Output everything in the listing exactly, with no line missing.

-- INFORMATION SUPPLIED follows --

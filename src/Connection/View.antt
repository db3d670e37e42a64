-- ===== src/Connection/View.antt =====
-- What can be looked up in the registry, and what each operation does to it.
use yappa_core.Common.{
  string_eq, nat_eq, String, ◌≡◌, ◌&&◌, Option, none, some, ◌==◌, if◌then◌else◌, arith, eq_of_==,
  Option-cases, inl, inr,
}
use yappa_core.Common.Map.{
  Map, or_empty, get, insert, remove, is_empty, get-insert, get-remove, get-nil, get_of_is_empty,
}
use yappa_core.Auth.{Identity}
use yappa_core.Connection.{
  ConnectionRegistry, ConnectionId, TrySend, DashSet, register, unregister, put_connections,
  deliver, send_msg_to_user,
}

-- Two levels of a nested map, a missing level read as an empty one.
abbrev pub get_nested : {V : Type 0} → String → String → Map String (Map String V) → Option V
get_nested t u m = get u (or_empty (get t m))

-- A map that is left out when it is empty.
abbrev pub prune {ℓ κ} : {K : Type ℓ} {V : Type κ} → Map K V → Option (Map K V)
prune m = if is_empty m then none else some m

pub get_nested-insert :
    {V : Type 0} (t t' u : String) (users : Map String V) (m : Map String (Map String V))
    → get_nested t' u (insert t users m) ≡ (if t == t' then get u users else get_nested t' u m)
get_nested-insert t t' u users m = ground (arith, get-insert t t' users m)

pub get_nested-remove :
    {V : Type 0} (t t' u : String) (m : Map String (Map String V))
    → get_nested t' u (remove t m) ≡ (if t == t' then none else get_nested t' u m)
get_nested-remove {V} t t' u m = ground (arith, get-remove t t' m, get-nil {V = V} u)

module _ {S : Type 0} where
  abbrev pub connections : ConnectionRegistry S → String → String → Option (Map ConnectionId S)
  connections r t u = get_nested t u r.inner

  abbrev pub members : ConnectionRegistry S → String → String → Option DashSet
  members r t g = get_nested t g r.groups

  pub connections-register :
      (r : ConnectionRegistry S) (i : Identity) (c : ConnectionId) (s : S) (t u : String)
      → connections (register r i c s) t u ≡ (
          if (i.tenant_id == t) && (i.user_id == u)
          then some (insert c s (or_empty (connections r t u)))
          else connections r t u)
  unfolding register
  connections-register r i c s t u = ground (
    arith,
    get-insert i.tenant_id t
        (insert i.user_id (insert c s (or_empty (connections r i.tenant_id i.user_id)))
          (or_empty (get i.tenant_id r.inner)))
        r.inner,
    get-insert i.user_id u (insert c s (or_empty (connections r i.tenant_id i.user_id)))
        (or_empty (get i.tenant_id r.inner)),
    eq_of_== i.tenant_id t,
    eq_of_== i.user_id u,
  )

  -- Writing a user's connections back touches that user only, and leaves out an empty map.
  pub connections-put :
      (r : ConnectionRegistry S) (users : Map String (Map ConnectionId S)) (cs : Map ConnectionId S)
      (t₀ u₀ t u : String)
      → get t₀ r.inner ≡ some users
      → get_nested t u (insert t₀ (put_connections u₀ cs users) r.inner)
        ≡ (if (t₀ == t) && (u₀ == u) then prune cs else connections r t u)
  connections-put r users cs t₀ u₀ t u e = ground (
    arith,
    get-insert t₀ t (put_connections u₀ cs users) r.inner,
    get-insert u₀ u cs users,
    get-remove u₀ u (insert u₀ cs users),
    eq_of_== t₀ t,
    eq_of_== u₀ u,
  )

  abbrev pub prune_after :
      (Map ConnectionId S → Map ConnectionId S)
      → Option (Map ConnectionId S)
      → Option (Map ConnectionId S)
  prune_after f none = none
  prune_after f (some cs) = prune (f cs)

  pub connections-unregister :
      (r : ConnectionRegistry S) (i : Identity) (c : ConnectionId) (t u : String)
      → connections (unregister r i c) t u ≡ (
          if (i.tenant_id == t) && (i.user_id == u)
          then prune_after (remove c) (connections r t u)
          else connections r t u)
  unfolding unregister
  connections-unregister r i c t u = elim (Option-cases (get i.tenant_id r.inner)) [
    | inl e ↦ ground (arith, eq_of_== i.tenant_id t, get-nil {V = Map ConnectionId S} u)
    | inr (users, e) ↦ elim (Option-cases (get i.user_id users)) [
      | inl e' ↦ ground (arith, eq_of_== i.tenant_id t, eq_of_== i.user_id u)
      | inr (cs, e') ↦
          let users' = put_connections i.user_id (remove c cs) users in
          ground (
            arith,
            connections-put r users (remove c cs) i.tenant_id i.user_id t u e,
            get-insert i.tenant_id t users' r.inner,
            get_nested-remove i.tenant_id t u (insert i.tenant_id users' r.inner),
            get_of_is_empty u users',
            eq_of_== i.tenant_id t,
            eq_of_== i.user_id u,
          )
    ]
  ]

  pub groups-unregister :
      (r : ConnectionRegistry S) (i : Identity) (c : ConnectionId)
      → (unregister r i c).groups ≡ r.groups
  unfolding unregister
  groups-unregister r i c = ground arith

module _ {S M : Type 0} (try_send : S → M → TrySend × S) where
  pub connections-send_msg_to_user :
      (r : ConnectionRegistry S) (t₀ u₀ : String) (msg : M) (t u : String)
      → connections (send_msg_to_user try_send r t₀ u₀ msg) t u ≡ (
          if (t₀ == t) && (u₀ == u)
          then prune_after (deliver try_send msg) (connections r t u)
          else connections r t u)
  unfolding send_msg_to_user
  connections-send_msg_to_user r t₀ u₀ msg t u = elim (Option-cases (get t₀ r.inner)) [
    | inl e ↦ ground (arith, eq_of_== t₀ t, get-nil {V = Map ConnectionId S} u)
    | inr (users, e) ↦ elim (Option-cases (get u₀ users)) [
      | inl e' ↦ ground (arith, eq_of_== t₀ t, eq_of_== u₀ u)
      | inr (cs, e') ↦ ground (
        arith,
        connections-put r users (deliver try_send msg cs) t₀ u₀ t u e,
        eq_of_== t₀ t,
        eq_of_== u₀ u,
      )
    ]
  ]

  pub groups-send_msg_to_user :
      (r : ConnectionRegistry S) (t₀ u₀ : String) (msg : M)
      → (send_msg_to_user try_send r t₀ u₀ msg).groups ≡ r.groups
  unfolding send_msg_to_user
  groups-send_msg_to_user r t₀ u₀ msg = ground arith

-- INFORMATION SUPPLIED concluded --

▸ **WRITTEN REPLY**
filename src/Connection/View.antt
repository db3d670e37e42a64
-- ===== src/Connection/View.antt =====
-- What can be looked up in the registry, and what each operation does to it.
use yappa_core.Common.{
  string_eq, nat_eq, String, ◌≡◌, ◌&&◌, Option, none, some, ◌==◌, if◌then◌else◌, arith, eq_of_==,
  Option-cases, inl, inr,
}
use yappa_core.Common.Map.{
  Map, or_empty, get, insert, remove, is_empty, get-insert, get-remove, get-nil, get_of_is_empty,
}
use yappa_core.Auth.{Identity}
use yappa_core.Connection.{
  ConnectionRegistry, ConnectionId, TrySend, DashSet, register, unregister, put_connections,
  deliver, send_msg_to_user,
}

-- Two levels of a nested map, a missing level read as an empty one.
abbrev pub get_nested : {V : Type 0} → String → String → Map String (Map String V) → Option V
get_nested t u m = get u (or_empty (get t m))

-- A map that is left out when it is empty.
abbrev pub prune {ℓ κ} : {K : Type ℓ} {V : Type κ} → Map K V → Option (Map K V)
prune m = if is_empty m then none else some m

pub get_nested-insert :
    {V : Type 0} (t t' u : String) (users : Map String V) (m : Map String (Map String V))
    → get_nested t' u (insert t users m) ≡ (if t == t' then get u users else get_nested t' u m)
get_nested-insert t t' u users m = ground (arith, get-insert t t' users m)

pub get_nested-remove :
    {V : Type 0} (t t' u : String) (m : Map String (Map String V))
    → get_nested t' u (remove t m) ≡ (if t == t' then none else get_nested t' u m)
get_nested-remove {V} t t' u m = ground (arith, get-remove t t' m, get-nil {V = V} u)

module _ {S : Type 0} where
  abbrev pub connections : ConnectionRegistry S → String → String → Option (Map ConnectionId S)
  connections r t u = get_nested t u r.inner

  abbrev pub members : ConnectionRegistry S → String → String → Option DashSet
  members r t g = get_nested t g r.groups

  pub connections-register :
      (r : ConnectionRegistry S) (i : Identity) (c : ConnectionId) (s : S) (t u : String)
      → connections (register r i c s) t u ≡ (
          if (i.tenant_id == t) && (i.user_id == u)
          then some (insert c s (or_empty (connections r t u)))
          else connections r t u)
  unfolding register
  connections-register r i c s t u = ground (
    arith,
    get-insert i.tenant_id t
        (insert i.user_id (insert c s (or_empty (connections r i.tenant_id i.user_id)))
          (or_empty (get i.tenant_id r.inner)))
        r.inner,
    get-insert i.user_id u (insert c s (or_empty (connections r i.tenant_id i.user_id)))
        (or_empty (get i.tenant_id r.inner)),
    eq_of_== i.tenant_id t,
    eq_of_== i.user_id u,
  )

  -- Writing a user's connections back touches that user only, and leaves out an empty map.
  pub connections-put :
      (r : ConnectionRegistry S) (users : Map String (Map ConnectionId S)) (cs : Map ConnectionId S)
      (t₀ u₀ t u : String)
      → get t₀ r.inner ≡ some users
      → get_nested t u (insert t₀ (put_connections u₀ cs users) r.inner)
        ≡ (if (t₀ == t) && (u₀ == u) then prune cs else connections r t u)
  connections-put r users cs t₀ u₀ t u e = ground (
    arith,
    get-insert t₀ t (put_connections u₀ cs users) r.inner,
    get-insert u₀ u cs users,
    get-remove u₀ u (insert u₀ cs users),
    eq_of_== t₀ t,
    eq_of_== u₀ u,
  )

  abbrev pub prune_after :
      (Map ConnectionId S → Map ConnectionId S)
      → Option (Map ConnectionId S)
      → Option (Map ConnectionId S)
  prune_after f none = none
  prune_after f (some cs) = prune (f cs)

  pub connections-unregister :
      (r : ConnectionRegistry S) (i : Identity) (c : ConnectionId) (t u : String)
      → connections (unregister r i c) t u ≡ (
          if (i.tenant_id == t) && (i.user_id == u)
          then prune_after (remove c) (connections r t u)
          else connections r t u)
  unfolding unregister
  connections-unregister r i c t u = elim (Option-cases (get i.tenant_id r.inner)) [
    | inl e ↦ ground (arith, eq_of_== i.tenant_id t, get-nil {V = Map ConnectionId S} u)
    | inr (users, e) ↦ elim (Option-cases (get i.user_id users)) [
      | inl e' ↦ ground (arith, eq_of_== i.tenant_id t, eq_of_== i.user_id u)
      | inr (cs, e') ↦
          let users' = put_connections i.user_id (remove c cs) users in
          ground (
            arith,
            connections-put r users (remove c cs) i.tenant_id i.user_id t u e,
            get-insert i.tenant_id t users' r.inner,
            get_nested-remove i.tenant_id t u (insert i.tenant_id users' r.inner),
            get_of_is_empty u users',
            eq_of_== i.tenant_id t,
            eq_of_== i.user_id u,
          )
    ]
  ]

  pub groups-unregister :
      (r : ConnectionRegistry S) (i : Identity) (c : ConnectionId)
      → (unregister r i c).groups ≡ r.groups
  unfolding unregister
  groups-unregister r i c = ground arith

module _ {S M : Type 0} (try_send : S → M → TrySend × S) where
  pub connections-send_msg_to_user :
      (r : ConnectionRegistry S) (t₀ u₀ : String) (msg : M) (t u : String)
      → connections (send_msg_to_user try_send r t₀ u₀ msg) t u ≡ (
          if (t₀ == t) && (u₀ == u)
          then prune_after (deliver try_send msg) (connections r t u)
          else connections r t u)
  unfolding send_msg_to_user
  connections-send_msg_to_user r t₀ u₀ msg t u = elim (Option-cases (get t₀ r.inner)) [
    | inl e ↦ ground (arith, eq_of_== t₀ t, get-nil {V = Map ConnectionId S} u)
    | inr (users, e) ↦ elim (Option-cases (get u₀ users)) [
      | inl e' ↦ ground (arith, eq_of_== t₀ t, eq_of_== u₀ u)
      | inr (cs, e') ↦ ground (
        arith,
        connections-put r users (deliver try_send msg cs) t₀ u₀ t u e,
        eq_of_== t₀ t,
        eq_of_== u₀ u,
      )
    ]
  ]

  pub groups-send_msg_to_user :
      (r : ConnectionRegistry S) (t₀ u₀ : String) (msg : M)
      → (send_msg_to_user try_send r t₀ u₀ msg).groups ≡ r.groups
  unfolding send_msg_to_user
  groups-send_msg_to_user r t₀ u₀ msg = ground arith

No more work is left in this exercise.